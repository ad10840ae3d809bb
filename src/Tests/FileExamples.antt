-- ===== src/Tests/FileExamples.antt =====
-- Examples for src/common/SubTimeFrameFileWriter.cxx and SubTimeFrameFileReader.cxx: a SubTimeFrame of two equipments.
use data_distribution.Prelude.{
  Bool, true, text_before, List, [], ◌∷◌, none, some, ◌++◌, map, ◌≡◌, arith, refl, find,
}
use data_distribution.Common.SubTimeFrame.{
  EquipmentIdentifier, equipment_eq, SubTimeFrame, messages_of, update_stf, update_message,
}
use data_distribution.Common.FileWriter.{
  Piece, meta_header, meta, write, pieces, visit, build_index, sort, insert_sorted, write_messages,
  collect, write_parts,
}
use data_distribution.Common.FileWriter.Layout.{fresh}
use data_distribution.Common.SubTimeFrame.Merging.{Unique}
use data_distribution.Common.FileReader.{Reading, Reader, read}
use data_distribution.Common.FileReader.Rebuilding.{first_message}
use data_distribution.Common.FileReader.RoundTrip.{read-write}
use data_distribution.Common.FileReader.Updating.{IsStored}
use data_distribution.Tests.InputExamples.{second_half, its}

abbrev by_origin : EquipmentIdentifier → EquipmentIdentifier → Bool
by_origin d e = text_before d.data_origin e.data_origin

-- Two headers with 24 and 96 bytes, and two data parts of 20 and 3 bytes with their headers.
size_of_second_half : (write by_origin 80 true none second_half (fresh [] [])).0 ≡ 463
unfolding write pieces visit build_index sort update_stf insert_sorted write_messages collect find
    write_parts update_message
size_of_second_half = refl

abbrev with_memory : Reading
with_memory = record {
  sizeof_header = 80;
  has_data_memory = λ n. true;
  has_header_memory = λ h. true;
  orbit_of = λ h n. none;
}

-- What is in the file, with a further SubTimeFrame behind it.
abbrev tail_of_file : List Piece
tail_of_file = meta_header ∷ meta 104 ∷ []

abbrev at_start : Reader
at_start = record {
  opened = true;
  rest = (write by_origin 80 true none second_half (fresh [] [])).1.file ++ tail_of_file;
  stf_data = [];
  next_stf_id = 0;
}

two_equipments : Unique second_half.content
unfolding find
two_equipments = (refl, (refl, tt))

half_parts : IsStored second_half.content
half_parts = (((refl, omega arith, omega arith), tt), (((refl, omega arith, omega arith), tt), tt))

read-write_example :
    (s' : SubTimeFrame) × ((read with_memory at_start).0 ≡ some s')
    × ((read with_memory at_start).1.rest ≡ tail_of_file)
    × (messages_of (find its s'.content)
        ≡ map first_message (messages_of (find its (update_stf second_half).content)))
read-write_example =
    read-write by_origin with_memory second_half [] tail_of_file at_start its
      (omega arith, (λ n. refl), (λ h. refl)) refl two_equipments half_parts refl refl
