-- ===== src/Tests/HeaderExamples.antt =====
-- Examples for TimeFrameBuilder in src/common/SubTimeFrameBuilder.cxx: messages with and without a
-- DataProcessingHeader.
use data_distribution.Prelude.{true, false, List, [], ◌∷◌, none, some, ◌≡◌, refl, arith}
use data_distribution.Common.HeaderAdapter.{
  HeaderMsg, TfMessage, Adapting, creation_time, adapt_headers, add_dpl_headers, move_all,
  move_to_shm, add_dpl_header,
}
use data_distribution.Common.HeaderAdapter.Adapted.{AreAdapted, adapt_headers-AreAdapted}

abbrev environment : Adapting
environment = record {
  has_memory_resources = true;
  sizeof_data_header = 80;
  sizeof_dpl_header = 64;
  now = 500;
  invalid_time = 1000;
  header_memory = λ n. true;
  data_memory = λ n. true;
}

abbrev with_dpl : HeaderMsg
with_dpl = record { size = 144; has_data_header = true; dpl_header = some (0, 0); in_shm = true }

abbrev without_dpl : HeaderMsg
without_dpl = record { size = 80; has_data_header = true; dpl_header = none; in_shm = false }

abbrev time_frame : List TfMessage
time_frame =
    record { header = some with_dpl; data_parts = (100, true) ∷ (20, false) ∷ [] }
    ∷ record { header = some without_dpl; data_parts = (7, false) ∷ [] }
    ∷ []

adapt_headers-AreAdapted_example :
    (out : List TfMessage) × (adapt_headers environment 3 0 time_frame ≡ some out)
    × AreAdapted 3 (creation_time environment 0) time_frame out
adapt_headers-AreAdapted_example =
    adapt_headers-AreAdapted environment 3 0 time_frame (refl, (λ n. refl), (λ n. refl))
      ((with_dpl, refl, omega arith, refl), ((without_dpl, refl, omega arith, refl), tt))

-- A message without a header, which the first loop passes over, is undefined behaviour in the second.
no_header : adapt_headers environment 3 0 (record { header = none; data_parts = [] } ∷ []) ≡ none
unfolding adapt_headers add_dpl_headers add_dpl_header move_all move_to_shm
no_header = refl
********************
## Activity
Track down every line of the material containing the string "EquipmentIdentifier", and copy it.

## Response to this exercise
  EquipmentIdentifier, equipment_eq, SubTimeFrame, messages_of, update_stf, update_message,
abbrev by_origin : EquipmentIdentifier → EquipmentIdentifier → Bool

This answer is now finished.